大腸腸管壁の一部が腸管内圧の上昇などによりクレーター様に腸壁外に凸状に突出した状態のことを指します。大腸内視鏡検査や腹部CT検査で偶然遭遇することが多い疾患であり、ただ憩室があるだけでは無症状でありもちろん治療の必要はありません。

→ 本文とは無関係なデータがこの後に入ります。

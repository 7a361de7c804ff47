-- ===== src/App/Supervisor/Handlers/Connecting.antt =====
-- `handle_connecting_output` of src/app/supervisor.cpp.
use spout_relay.Base.{
  ℕ, zero, suc, ◌+◌, ◌*◌, ◌/◌, Bool, true, false, not, [], ◌∷◌, Option, none, some, ℤ, pos,
  pos_part, ◌*ℤ◌, leb_ℤ, to_int, if◌then◌else◌, is_some, Outcome, done, fault, ◌>>=◌, deref,
  null_encoder, unfinished,
}
use spout_relay.Common.Types.{
  stopping, probing, streaming, FrameBuffer, FrameMeta, empty_buffer, empty_meta,
}
use spout_relay.Common.Time.{to_ms}
use spout_relay.Common.Backoff
use spout_relay.Logging.Sink.{info, str, num, log_event, log_error, log_publish_started}
use spout_relay.Metrics.Store.{set_sender_info}
use spout_relay.Spout.Monitor.{SpoutMonitor, Reception, receive_latest_frame}
use spout_relay.Spout.Monitor
use spout_relay.Capture.FramePump
use spout_relay.Capture.FramePump.{new_pump}
use spout_relay.Encoder.Types.{request_next_idr}
use spout_relay.App.Logic.{can_seamless_handoff, should_reset_connect_timer_once}
use spout_relay.App.Supervisor.State.{Platform, Supervisor, log, measure, transition, poll_stop}
use spout_relay.App.Supervisor.EncodeThread.{Round, start_encode_thread}
use spout_relay.App.Supervisor.Resources.{
  OutputAnswers, init_encoder_and_rtsp, teardown_encoder, teardown_rtsp, teardown_streaming,
}
use spout_relay.App.Supervisor.Handlers.Placeholder.{rtsp_up}

-- One round of the wait for the first frame. `took_us` passes while the frame is asked for, and
-- `late_us` on top of the sleep.
pub record Poll : Type 0 where
  pub stop : Bool
  pub reception : Reception
  pub took_us : ℕ
  pub late_us : ℕ

pub record ConnectingInputs : Type 0 where
  pub stop : Bool
  pub last : Option Round
  pub polls : ℕ → Poll
  pub stop_after : Bool
  pub output : OutputAnswers
  pub now_pump : ℕ
  pub now_streaming : ℕ

-- How the wait ends. `given_up` is the end of the rounds that are provided for.
pub data Wait : Type 0 where
  framed : FrameBuffer → FrameMeta → SpoutMonitor → Wait
  stopped : SpoutMonitor → Wait
  timed_out : SpoutMonitor → Wait
  given_up : Wait

-- The local variables of the wait. `waited_us` is what the stopwatch shows.
pub record Waiting : Type 0 where
  pub buf : FrameBuffer
  pub info : FrameMeta
  pub waited_us : ℕ
  pub source_responded : Bool
  pub monitor : SpoutMonitor

-- `sleep_for` lasts at least as long as it says, if that is positive.
abbrev pub sleep_us : ℤ → ℕ
sleep_us ms = pos_part ms * 1000

-- The stopwatch once the frame was asked for: reset by the first answer that is no frame.
unfoldable pub reset_once : Bool → Poll → Waiting → Waiting
reset_once ok p w =
    let waited = w.waited_us + p.took_us in
    if ok
    then (let (again, responded) = should_reset_connect_timer_once w.source_responded in
        record w { waited_us = if again then 0 else waited; source_responded = responded })
    else record w { waited_us = waited }

-- `while (!is_new && !shutdown_requested_)`; every round that goes on is one with `is_new` false.
unfoldable pub wait_for_frame : (ℕ → Poll) → ℤ → ℤ → ℕ → ℕ → Waiting → Wait
wait_for_frame polls timeout_ms interval_ms i zero w = given_up
wait_for_frame polls timeout_ms interval_ms i (suc fuel) w =
    let p = polls i in
    let r = receive_latest_frame p.reception w.buf w.info false w.monitor in
    let w₁ = reset_once r.ok p (record w { buf = r.buf; info = r.info; monitor = r.monitor }) in
    let w₂ : Waiting = record w₁ { waited_us = w₁.waited_us + sleep_us interval_ms + p.late_us } in
    let rest = wait_for_frame polls timeout_ms interval_ms (suc i) fuel w₂ in
    if p.stop
    then stopped w.monitor
    else if r.ok
    then (if r.is_new
        then framed r.buf r.info r.monitor
        else if leb_ℤ (timeout_ms *ℤ pos 5) (pos (w₁.waited_us / 1000))
        then timed_out r.monitor
        else rest)
    else if leb_ℤ (timeout_ms *ℤ pos 5) (pos (w₁.waited_us / 1000))
    then timed_out r.monitor
    else rest

-- Rounds enough for the wait, which may start over once: each lasts a millisecond at least.
abbrev pub wait_rounds : ℤ → ℕ
wait_rounds timeout_ms = suc (suc (suc (pos_part timeout_ms * 10)))

unfoldable pub first_frame : ConnectingInputs → Supervisor → Wait
first_frame a s =
    wait_for_frame a.polls s.config.spout.frame_timeout_ms s.config.spout.poll_interval_ms 0
      (wait_rounds s.config.spout.frame_timeout_ms)
      (record {
        buf = empty_buffer;
        info = empty_meta;
        waited_us = 0;
        source_responded = false;
        monitor = s.spout_monitor;
      })

-- From here on the output is up: the pump and the encode thread start.
unfoldable pub go_streaming : ConnectingInputs → Supervisor → Outcome Supervisor
go_streaming a s = do
  let told =
      measure
        (set_sender_info s.config.spout.sender_name s.current_width s.current_height
          s.spout_monitor.current_info.fps)
        s
  t ← start_encode_thread a.now_streaming (record told {
    frame_pump = some (FramePump.start a.now_pump s.config.spout.poll_interval_ms new_pump);
    last_frame_time_ms = to_ms a.now_streaming;
  })
  done (
      transition streaming (record t {
        rtsp_backoff = Backoff.reset s.config.rtsp.reconnect_delay_ms t.rtsp_backoff;
        reconnect_attempts = 0;
        consecutive_stall_recoveries = 0;
      }))

-- The session that was kept goes on with the source's frames.
unfoldable pub switch_source : ConnectingInputs → Supervisor → Outcome Supervisor
switch_source a s = do
  e ← deref null_encoder s.encoder
  go_streaming a (
      log
        (log_event info "source_seamless_start" (
          ("name", str s.config.spout.sender_name)
          ∷ ("width", num (pos s.current_width))
          ∷ ("height", num (pos s.current_height))
          ∷ []))
        (record s { encoder = some (request_next_idr e) }))

-- The receiver is connected anew, so that the chosen receive path starts clean.
unfoldable pub reconnect_receiver : ConnectingInputs → Supervisor → Outcome Supervisor
reconnect_receiver a s =
    let (connected, error, m) =
      Monitor.connect s.config.spout.sender_name (Monitor.disconnect s.spout_monitor) in
    let s' : Supervisor = record s {
      spout_monitor = m;
      initial_frame_buf = record s.initial_frame_buf { gpu_texture = none };
    } in
    if not connected
    then done (
        transition probing
          (teardown_encoder (teardown_rtsp (log (log_error "SPOUT_RECONNECT_FAILED" error []) s'))))
    else go_streaming a s'

-- What is left of another session is torn down.
unfoldable pub clear_output : Supervisor → Supervisor
clear_output s =
    let closed = if is_some s.encoder then teardown_encoder s else s in
    if is_some s.rtsp_client then teardown_rtsp closed else closed

-- A new encoder and session, at the source's size.
unfoldable pub open_source : ConnectingInputs → Supervisor → Outcome Supervisor
open_source a s =
    let (ready, _, s') =
      init_encoder_and_rtsp a.output s.current_width s.current_height (clear_output s) in
    if not ready
    then done (
        transition probing (
          let torn = teardown_encoder (teardown_rtsp s') in
          record torn { spout_monitor = Monitor.disconnect torn.spout_monitor }))
    else reconnect_receiver a (
        log
          (log_publish_started s.config.rtsp.url (to_int s.current_width) (to_int s.current_height)
            s.config.encoder.fps)
          s')

-- With the first frame: seamless if the session fits the source, or set up anew.
unfoldable pub connect_source :
    ConnectingInputs → FrameBuffer → FrameMeta → Supervisor → Outcome Supervisor
connect_source a buf meta s =
    let seamless =
      can_seamless_handoff s.seamless_handoff (is_some s.encoder) (rtsp_up s.rtsp_client) meta.width
        meta.height s.current_width s.current_height in
    let s' : Supervisor = record s {
      initial_frame_buf = buf;
      initial_frame_meta = meta;
      last_source_width = meta.width;
      last_source_height = meta.height;
      seamless_handoff = false;
      current_width = meta.width;
      current_height = meta.height;
    } in
    if seamless then switch_source a s' else open_source a s'

-- `stop_after` is a request that comes behind the loop's last test.
unfoldable pub after_wait : ConnectingInputs → Wait → Supervisor → Outcome Supervisor
after_wait a given_up s = fault unfinished
after_wait a (timed_out m) s = done (
    transition probing (
      log (log_error "SPOUT_RECEIVE_FAILED" "Timeout waiting for first frame" [])
        (record s { spout_monitor = Monitor.disconnect m })))
after_wait a (stopped m) s =
    done (transition stopping (poll_stop true (record s { spout_monitor = m })))
after_wait a (framed buf meta m) s =
    let s' = poll_stop a.stop_after (record s { spout_monitor = m }) in
    if s'.shutdown_requested then done (transition stopping s') else connect_source a buf meta s'

unfoldable pub handle_connecting_output :
    Platform → ConnectingInputs → Supervisor → Outcome Supervisor
handle_connecting_output pf a s =
    let s' = poll_stop a.stop s in
    if s'.shutdown_requested
    then (do t ← teardown_streaming pf a.last s'; done (transition stopping t))
    else after_wait a (first_frame a s') s'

憩室症は2種類あります。憩室壁の全層全てが凸に飛び出した真性憩室と、固有筋層を欠き腸壁の筋層の隙間から腸粘膜のみが凸状に飛び出した仮性憩室があります。大腸憩室の大半は仮性憩室であり、以前は70~80歳の高齢者に多い病気であると言われていました。しかしながら最近では便秘症・過敏性腸症候群などの影響か便通異常に伴い30~40歳代の若年者でも憩室を認めることが少なくありません。


原因
食生活の欧米化(肉食増加、食物繊維摂取が減少)・加齢に伴う腸管壁の脆弱化によって大腸内腔圧上昇が起こり、大腸壁の筋肉層の脆弱な部分から粘膜が漿膜側へクレーター様に突出することで憩室が発生すると考えられています。
また医学の進歩・高齢化に伴い、脳神経・循環器疾患分野で出血しやすい薬剤(抗血小板薬・抗凝固薬)の使用量が増え、高齢者の大腸憩室出血リスクが高まっているという報告もあります。


発症部位
これまで日本人は右側結腸に多いと言われていましたが、欧米型の食生活習慣の影響により左側結腸の憩室が増加していると言われています。


合併症
大腸憩室が存在するだけでは無症状(70%ほど)ですので治療の必要性はありませんが、20~30%に下痢/便秘/腹部膨満感/腹痛などの症状を認めます。また、10~15%程度に2大合併症(憩室炎・憩室出血)に進展すると報告されており、注意が必要です。憩室が細菌感染を起こし、頻回に憩室炎を繰り返すことで大腸狭窄/癒着/穿孔を発症したり、最終的に通過障害を来すと外科治療の適応となる場合もあります。